Slavoj Zizek web 2.0
Some thoughtful and entertaining musings from everyone’s favourite neo-Leninist:
Zizek’s reivew of Simon Critchley’s Infinitely Demanding appeared in the February 2008 issue of Harper’s, and in the current, May 2008 issue we are treated to Critchley’s response. (Disclaimer: I haven’t read Critchley’s book.)
While I agree with Critchley on the unfortunate fact of Zizek’s tendency towards “rhetorical posturing” and his absurd authoritarianism, I think Critchley writes Zizek off too quickly, and that there are in fact decent points in Zizek’s review that merit argument and discussion.
For one, I have to disagree with Critchley’s definition of politics as “the invention of interstitial distance”, and it is in fact statements such as this that lead people to mis-read Critchley as a postmodernist. In fact, Zizek sounds remarkably (and somewhat surprisingly) reasonable when he queries:
If the state is here to stay, if it is impossible to abolish it (or capitalism), why retreat from it? Why not act with(in) the state? Why not accept the basic premise of the Third Way?
I don’t think we need to interpret “accepting the Third Way” as endorsing Chavez-style authoritarianism.

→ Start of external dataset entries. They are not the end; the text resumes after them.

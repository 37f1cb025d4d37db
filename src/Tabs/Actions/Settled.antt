-- ===== src/Tabs/Actions/Settled.antt =====
-- What a settlement that goes through has done.
use Prim.Native.String.{String}
use text.Mathlib.Text.{◌==◌ as str_eq}
use text.Mathlib.TextEquality.{eq_iff}
use valla_pos.Base.{
  ℕ, ◌+◌, ◌-◌, ◌≡◌, ◌↔◌, refl, ◌∙◌, Bool, true, false, Option, none, some, List, [], ◌∷◌, map,
  filter, length, length-map, sum_by, inl, inr, Bool-cases, if◌then◌else◌, arith, ◌==◌, ==_iff,
  ◌&&◌, ltb,
}
use valla_pos.Orders.Actions.{OrderStatus}
use valla_pos.Register.Checkout.{Operator, TenderMethod, is_cash}
use valla_pos.Tabs.{TabLine, line_amount_due, is_unsettled, tab_totals}
use valla_pos.Tabs.Settle.{covered, due}
use valla_pos.Tabs.Edits.{
  Tab, TabRow, TabPayment, settle_row, is_due, is_open_row, recompute_order_totals, settled_tab,
  settle_lines_step, edit_tab,
}
use valla_pos.Tabs.Edits.Balance.{newly_due, ids_of, planned-exact, later-due, IsDistinct}
use valla_pos.Tabs.Edits.Unpaid.{lines_of, IsLater-refl}
use valla_pos.Tabs.Actions.{
  Floor, SettleInput, SettleResult, settled, seats_of, is_open, find_tab, put_tab, tab_payment,
  settle_tab,
}
use valla_pos.Tabs.Actions.Cases.{settle_tab-cases, commit_edit-cases, result_of}
use valla_pos.Tabs.Actions.Prepared.{prepare_settle-IsFor}
use valla_pos.Tabs.Actions.Sound.{HasKeys, All-find_tab}

abbrev unsettled_row : Bool → TabRow → ℕ
unsettled_row inclusive r = if is_unsettled r.line then line_amount_due r.line inclusive else 0

remaining-rows :
    (inclusive : Bool) (rows : List TabRow)
    → (tab_totals (map (λ (r : TabRow). r.line) rows) inclusive).remaining_cents
      ≡ sum_by (unsettled_row inclusive) rows
unfolding tab_totals
remaining-rows inclusive [] = refl
remaining-rows inclusive (r ∷ rs) = omega (arith, remaining-rows inclusive rs)

remaining-settled :
    (inclusive : Bool) (payment_id : String) (ids : List String) (rows : List TabRow)
    → sum_by (unsettled_row inclusive) rows
      ≡ sum_by (newly_due inclusive ids) rows
        + sum_by (unsettled_row inclusive) (map (settle_row payment_id ids) rows)
unfolding line_amount_due
remaining-settled inclusive payment_id ids [] = refl
remaining-settled inclusive payment_id ids (r ∷ rs) =
    ground (arith, remaining-settled inclusive payment_id ids rs)

pub find_tab-id : (id : String) (ts : List Tab) (t : Tab) → find_tab id ts ≡ some t → t.id ≡ id
unfolding find_tab
find_tab-id id [] t h = absurd (cc)
find_tab-id id (x ∷ xs) t h = elim (Bool-cases (str_eq x.id id)) [
  | inl e ↦
      let found : some x ≡ some t = rw (e, find_tab) at h in
      let same : x ≡ t = cc in rw same at ((eq_iff x.id id).0 e)
  | inr e ↦ find_tab-id id xs t (rw (e, find_tab) at h)
]

find_tab-put_tab :
    (id : String) (ts : List Tab) (t t' : Tab)
    → find_tab id ts ≡ some t
    → t'.id ≡ id
    → find_tab id (put_tab t' ts) ≡ some t'
unfolding find_tab put_tab
find_tab-put_tab id [] t t' h same = absurd (cc)
find_tab-put_tab id (x ∷ xs) t t' h same =
    let own : str_eq t'.id id ≡ true = (eq_iff t'.id id).1 same in
    elim (Bool-cases (str_eq x.id id)) [
      | inl e ↦ let here : str_eq x.id t'.id ≡ true = rw same e in rw (here, own) refl
      | inr e ↦
          let apart : str_eq x.id t'.id ≡ false = rw same e in
          rw (apart, e) (find_tab-put_tab id xs t t' (rw (e, find_tab) at h) same)
    ]

-- Cash covers what is due, and the change and this are the cash given; other methods give no change.
abbrev pub IsChange : Bool → ℕ → ℕ → ℕ → Type 0
IsChange true given owed change = change + owed ≡ given
IsChange false given owed change = change ≡ 0

-- A settlement of a tab that was open: a payment is added for the amount and the tip; the amount is
-- what the tab still owed less what it still owes; and the tab is closed, and then paid, just if no
-- line is left to settle.
abbrev pub IsSettlement : Bool → SettleInput → SettleResult → Tab → Tab → Type 0
IsSettlement inclusive data' r t t' =
    (p : TabPayment) × (t'.payments ≡ p ∷ t.payments)
    × (p.amount_cents ≡ r.amount_cents + data'.tip_cents)
    × (p.method ≡ data'.method)
    × (p.change_cents ≡ r.change_cents)
    × IsChange (is_cash data'.method) data'.cash_tendered_cents p.amount_cents r.change_cents
    × ((tab_totals (lines_of t) inclusive).remaining_cents
        ≡ r.amount_cents + (tab_totals (lines_of t') inclusive).remaining_cents)
    × ((r.closed ≡ true) ↔ (length (filter is_open_row t'.lines) ≡ 0))
    × (t'.status ≡ (if r.closed then OrderStatus.paid else OrderStatus.open_tab))

IsChange-tendered :
    (m : TenderMethod) (given owed : ℕ)
    → (is_cash m && ltb given owed) ≡ false
    → IsChange (is_cash m) given owed (if is_cash m then given - owed else 0)
IsChange-tendered m given owed h = elim (Bool-cases (is_cash m)) [
  | inl e ↦ rw e (ground arith)
  | inr e ↦ rw e refl
]

is_open-status :
    (status : OrderStatus)
    → elim status [ OrderStatus.open_tab ↦ true | _ ↦ false ] ≡ true
    → status ≡ OrderStatus.open_tab
is_open-status OrderStatus.open_tab h = refl
is_open-status OrderStatus.paid h = absurd (cc)
is_open-status OrderStatus.refunded h = absurd (cc)
is_open-status OrderStatus.partially_refunded h = absurd (cc)
is_open-status OrderStatus.voided h = absurd (cc)

-- A planned settlement of the tab as it is.
settle_lines_step-IsSettlement :
    (inclusive : Bool) (payment_id : String) (data' : SettleInput) (t t' : Tab)
    → let cs = covered (seats_of data'.seats) (lines_of t) in
      let amount = sum_by (due inclusive) cs in
      is_open t ≡ true
      → IsDistinct (lines_of t)
      → (is_cash data'.method && ltb data'.cash_tendered_cents (amount + data'.tip_cents)) ≡ false
      → settle_lines_step inclusive
          (tab_payment payment_id data' (amount + data'.tip_cents))
          (ids_of cs)
          data'.tip_cents
          t
        ≡ some t'
      → (t'.id ≡ t.id) × IsSettlement inclusive data' (result_of data' amount t') t t'
unfolding settle_lines_step settled_tab recompute_order_totals
settle_lines_step-IsSettlement inclusive payment_id data' t t' opened distinct covers h =
    let seats = seats_of data'.seats in
    let cs = covered seats (lines_of t) in
    let amount = sum_by (due inclusive) cs in
    let ids = ids_of cs in
    let p = tab_payment payment_id data' (amount + data'.tip_cents) in
    elim (Bool-cases (length (filter (is_due ids) t.lines) == length ids)) [
      | inr e ↦ let nothing : none ≡ some t' = rw (e, settle_lines_step) at h in absurd (cc)
      | inl e ↦
          let count : length (filter (is_due ids) t.lines) ≡ length cs =
            ground (arith, length-map (λ (l : TabLine). l.id) cs) in
          let taken =
            later-due inclusive seats ids (lines_of t) t.lines
              (planned-exact seats (lines_of t) distinct) (IsLater-refl inclusive ids t.lines)
              count in
          let done : some (settled_tab inclusive p ids data'.tip_cents t) ≡ some t' =
            rw (e, settle_lines_step) at h in
          let same : settled_tab inclusive p ids data'.tip_cents t ≡ t' = cc in
          let rows = map (settle_row payment_id ids) t.lines in
          let status = is_open-status t.status opened in
          rw (← same) (
            refl,
            (
              p,
              refl,
              refl,
              refl,
              refl,
              IsChange-tendered data'.method data'.cash_tendered_cents (amount + data'.tip_cents)
                  covers,
              rw (remaining-rows inclusive t.lines, remaining-rows inclusive rows)
                  (omega (arith, taken, remaining-settled inclusive payment_id ids t.lines)),
              ==_iff (length (filter is_open_row rows)) 0,
              rw status refl,
            ),
          )
    ]

module _ (verify_pin : String → String → Bool) (b : String) where
  -- Where ids are primary keys and a settlement answers with a result: the order was an open
  -- tab; a payment for the amount and the tip is added to it, by the method sent, and with the change
  -- that cash leaves; the tab owes less by just the amount; and the answer says closed, and the tab
  -- is paid, just if it has no unsettled line.
  pub settle_tab_lem :
      (payment_id : String) (data' : SettleInput) (granted : Option Operator) (now : ℕ)
      (r : SettleResult) (s s' : Floor)
      → HasKeys s
      → settle_tab verify_pin b payment_id data' granted now s ≡ (settled r, s')
      → (t : Tab) × (t' : Tab) × (find_tab data'.order_id s.tabs ≡ some t)
        × (find_tab data'.order_id s'.tabs ≡ some t')
        × (t.status ≡ OrderStatus.open_tab)
        × IsSettlement s.tax_inclusive data' r t t'
  unfolding edit_tab settle_lines_step settled_tab recompute_order_totals
  settle_tab_lem payment_id data' granted now r s s' keys h =
      elim (settle_tab-cases verify_pin b payment_id data' granted now (settled r) s s' h) [
        | inl (throttle, is, unpaid) ↦ absurd (cc)
        | inr (op, throttle, e, amount, t', allowed, passed, prepared, committed, is) ↦
            let s1 = record s { throttle = throttle } in
            let (t, found, opened, (is_amount, is_edit, covers)) =
              prepare_settle-IsFor payment_id data' s1 e amount prepared in
            let (t2, found2, edited, moved) =
              commit_edit-cases data'.order_id e s1 t' s' committed in
            let same : t2 ≡ t = cc in
            let step : settle_lines_step s.tax_inclusive
                  (tab_payment payment_id data' (amount + data'.tip_cents))
                  (ids_of (covered (seats_of data'.seats) (lines_of t))) data'.tip_cents t
                ≡ some t' =
              rw (is_edit, same) at edited in
            let distinct =
              All-find_tab (λ (x : Tab). IsDistinct (lines_of x)) data'.order_id s.tabs t keys.0
                found in
            let (same_id, settlement) =
              settle_lines_step-IsSettlement s.tax_inclusive payment_id data' t t' opened distinct
                (rw is_amount at covers) (rw is_amount at step) in
            let answer : r ≡ result_of data' amount t' = cc in
            let placed =
              find_tab-put_tab data'.order_id s.tabs t t' found
                (same_id ∙ find_tab-id data'.order_id s.tabs t found) in
            (
              t,
              t',
              found,
              rw moved placed,
              is_open-status t.status opened,
              rw (answer, is_amount) settlement,
            )
      ]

What it means for politics and political philosophy is that the “beautiful soul” model that Zizek accuses Critchley of promoting (whether this accusation is fair I cannot say, not having read Critchley’s book) is not enough, and that left-wing politics must get its hands dirty and act “with(in) the state”–without, of course, meaning that violent revolution is the answer.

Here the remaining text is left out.